_WHAT TO DO_
In the listing below, the lines starting with the line with "(some (key, value))" and going on through the line with "scan_line-key_long text h = ground arith" are to be reproduced exactly, and only those.
**** SOURCE DATA
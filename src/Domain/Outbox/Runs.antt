-- ===== src/Domain/Outbox/Runs.antt =====
-- The calls of a delivery worker on one job, and the jobs that they reach from an enqueued one.
use yente.Prelude.{
  Text, ℕ, ◌≡◌, Bool, Option, List, [], ◌∷◌, Result, ok, err, inl, inr, Result-cases,
}
use yente.Domain.Outbox.{
  Job, Error, Email, Draw, enqueue_email, begin_send, mark_sent, mark_failed, recover_stalled_send,
}

pub data Call : Type 0 where
  begins : ℕ → Call
  reports_sent : Option Text → ℕ → Call
  fails : ℕ → Option Text → Bool → Draw → Call
  recovers : ℕ → ℕ → Draw → Call

unfoldable pub call : Call → Job → Result Error Job
call (begins now) j = begin_send j now
call (reports_sent id at) j = mark_sent j id at
call (fails at error permanent draw) j = mark_failed j at error permanent draw
call (recovers now stalled_after draw) j = recover_stalled_send j now stalled_after draw

pub data Reached (e : Email) : Job → Type 0 where
  queued : {j : Job} → enqueue_email e ≡ ok j → Reached e j
  next : {j k : Job} (c : Call) → Reached e j → call c j ≡ ok k → Reached e k

-- A throw leaves the stored job as it was.
abbrev pub kept : Job → Result Error Job → Job
kept j (ok k) = k
kept j (err e) = j

unfoldable pub run : Job → List Call → Job
run j [] = j
run j (c ∷ cs) = run (kept j (call c j)) cs

kept-Reached : {e : Email} {j : Job} (c : Call) → Reached e j → Reached e (kept j (call c j))
kept-Reached {j = j} c r = elim (Result-cases (call c j)) [
  | inl (k, e) ↦ rw e (next c r e)
  | inr (x, e) ↦ rw e r
]

pub Reached-run : {e : Email} (j : Job) (cs : List Call) → Reached e j → Reached e (run j cs)
unfolding run
Reached-run j [] r = r
Reached-run j (c ∷ cs) r = Reached-run (kept j (call c j)) cs (kept-Reached c r)
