-- ===== src/Config/Scan.antt =====
-- What `fgets` and `sscanf` make of a line of the configuration file in common/rmt_config.c.
use rmt_library.Common.{
  ℕ, zero, suc, ◌<◌, ◌≤◌, ◌≡◌, ◌≢◌, refl, false, none, some, [], ◌∷◌, ◌++◌, Bytes, length, arith,
  is_space,
}
use rmt_library.Strings.{cut, Free}
use rmt_library.Strings.Tokens.{cut-joined, cut-Free}
use rmt_library.Config.{word, skip_space, scan_line, fgets}

-- a text without white space
abbrev pub IsWord : Bytes → Type 0
IsWord [] = Unit
IsWord (c ∷ s) = (is_space c ≡ false) × IsWord s

abbrev pub blanks : ℕ → Bytes → Bytes
blanks zero s = s
blanks (suc n) s = b' ' ∷ blanks n s

pub fgets-line :
    (n : ℕ) (s rest : Bytes)
    → Free 10 s
    → length s < n
    → fgets n (s ++ (10 ∷ rest)) ≡ (s ++ (10 ∷ []), rest)
unfolding fgets
fgets-line zero s rest f h = absurd (omega arith)
fgets-line (suc n) [] rest f h = ground arith
fgets-line (suc n) (c ∷ s) rest f h = ground (arith, f.0, fgets-line n s rest f.1)

-- `%s` takes a word that a newline ends, and passes over blanks in front of it
pub word-newline : (s : Bytes) → IsWord s → word (s ++ (10 ∷ [])) ≡ s
unfolding word
word-newline [] h = refl
word-newline (c ∷ s) h = ground (arith, h.0, word-newline s h.1)

pub skip_space-blanks :
    (n c : ℕ) (s : Bytes) → is_space c ≡ false → skip_space (blanks n (c ∷ s)) ≡ c ∷ s
unfolding skip_space
skip_space-blanks zero c s h = rw h refl
skip_space-blanks (suc n) c s h = skip_space-blanks n c s h

-- A line with a key, blanks and a value that fit is read as the pair.
pub scan_line-pair :
    (key value : Bytes) (n : ℕ)
    → key ≢ []
    → Free b':' key
    → length key < 128
    → value ≢ []
    → IsWord value
    → length value < 256
    → scan_line (key ++ (b':' ∷ blanks n (value ++ (10 ∷ [])))) ≡ some (some (key, value))
unfolding scan_line
scan_line-pair [] value n ne f h ve w k = absurd (ne refl)
scan_line-pair (c ∷ key) [] n ne f h ve w k = absurd (ve refl)
scan_line-pair (c ∷ key) (v ∷ value) n ne f h ve w k = ground (
  arith,
  h,
  k,
  cut-joined b':' (c ∷ key) (blanks n ((v ∷ value) ++ (10 ∷ []))) f,
  skip_space-blanks n v (value ++ (10 ∷ [])) w.0,
  word-newline (v ∷ value) w,
)

skip_space-newline : (n : ℕ) → skip_space (blanks n (10 ∷ [])) ≡ []
unfolding skip_space
skip_space-newline zero = refl
skip_space-newline (suc n) = skip_space-newline n

-- A key without a value, and a text without a colon, are syntax errors.
pub scan_line-unset :
    (key : Bytes) (n : ℕ)
    → Free b':' key
    → length key < 127
    → scan_line (key ++ (b':' ∷ blanks n (10 ∷ []))) ≡ some none
unfolding scan_line word
scan_line-unset key n f h =
    ground (arith, h, cut-joined b':' key (blanks n (10 ∷ [])) f, skip_space-newline n)

pub scan_line-plain :
    (text : Bytes) → Free b':' text → length text < 128 → scan_line text ≡ some none
unfolding scan_line
scan_line-plain text f h = ground (arith, h, cut-Free b':' text f)

-- A text that is too long for `key`, up to its first colon, leaves the buffer; so does a value.
pub scan_line-key_long : (text : Bytes) → 128 ≤ length (cut b':' text).0 → scan_line text ≡ none
unfolding scan_line
scan_line-key_long text h = ground arith

pub scan_line-value_long :
    (key value : Bytes) (n : ℕ)
    → key ≢ []
    → Free b':' key
    → IsWord value
    → 256 ≤ length value
    → scan_line (key ++ (b':' ∷ blanks n (value ++ (10 ∷ [])))) ≡ none
unfolding scan_line
scan_line-value_long [] value n ne f w k = absurd (ne refl)
scan_line-value_long (c ∷ key) [] n ne f w k = absurd (omega arith)
scan_line-value_long (c ∷ key) (v ∷ value) n ne f w k =
    rw
      (
        cut-joined b':' (c ∷ key) (blanks n ((v ∷ value) ++ (10 ∷ []))) f,
        skip_space-blanks n v (value ++ (10 ∷ [])) w.0,
        word-newline (v ∷ value) w,
      )
      (ground (arith, k))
********
_SOLVED EXERCISE_
    → scan_line (key ++ (b':' ∷ blanks n (value ++ (10 ∷ [])))) ≡ some (some (key, value))
unfolding scan_line
scan_line-pair [] value n ne f h ve w k = absurd (ne refl)
scan_line-pair (c ∷ key) [] n ne f h ve w k = absurd (ve refl)
scan_line-pair (c ∷ key) (v ∷ value) n ne f h ve w k = ground (
  arith,
  h,
  k,
  cut-joined b':' (c ∷ key) (blanks n ((v ∷ value) ++ (10 ∷ []))) f,
  skip_space-blanks n v (value ++ (10 ∷ [])) w.0,
  word-newline (v ∷ value) w,
)

skip_space-newline : (n : ℕ) → skip_space (blanks n (10 ∷ [])) ≡ []
unfolding skip_space
skip_space-newline zero = refl
skip_space-newline (suc n) = skip_space-newline n

-- A key without a value, and a text without a colon, are syntax errors.
pub scan_line-unset :
    (key : Bytes) (n : ℕ)
    → Free b':' key
    → length key < 127
    → scan_line (key ++ (b':' ∷ blanks n (10 ∷ []))) ≡ some none
unfolding scan_line word
scan_line-unset key n f h =
    ground (arith, h, cut-joined b':' key (blanks n (10 ∷ [])) f, skip_space-newline n)

pub scan_line-plain :
    (text : Bytes) → Free b':' text → length text < 128 → scan_line text ≡ some none
unfolding scan_line
scan_line-plain text f h = ground (arith, h, cut-Free b':' text f)

-- A text that is too long for `key`, up to its first colon, leaves the buffer; so does a value.
pub scan_line-key_long : (text : Bytes) → 128 ≤ length (cut b':' text).0 → scan_line text ≡ none
unfolding scan_line
scan_line-key_long text h = ground arith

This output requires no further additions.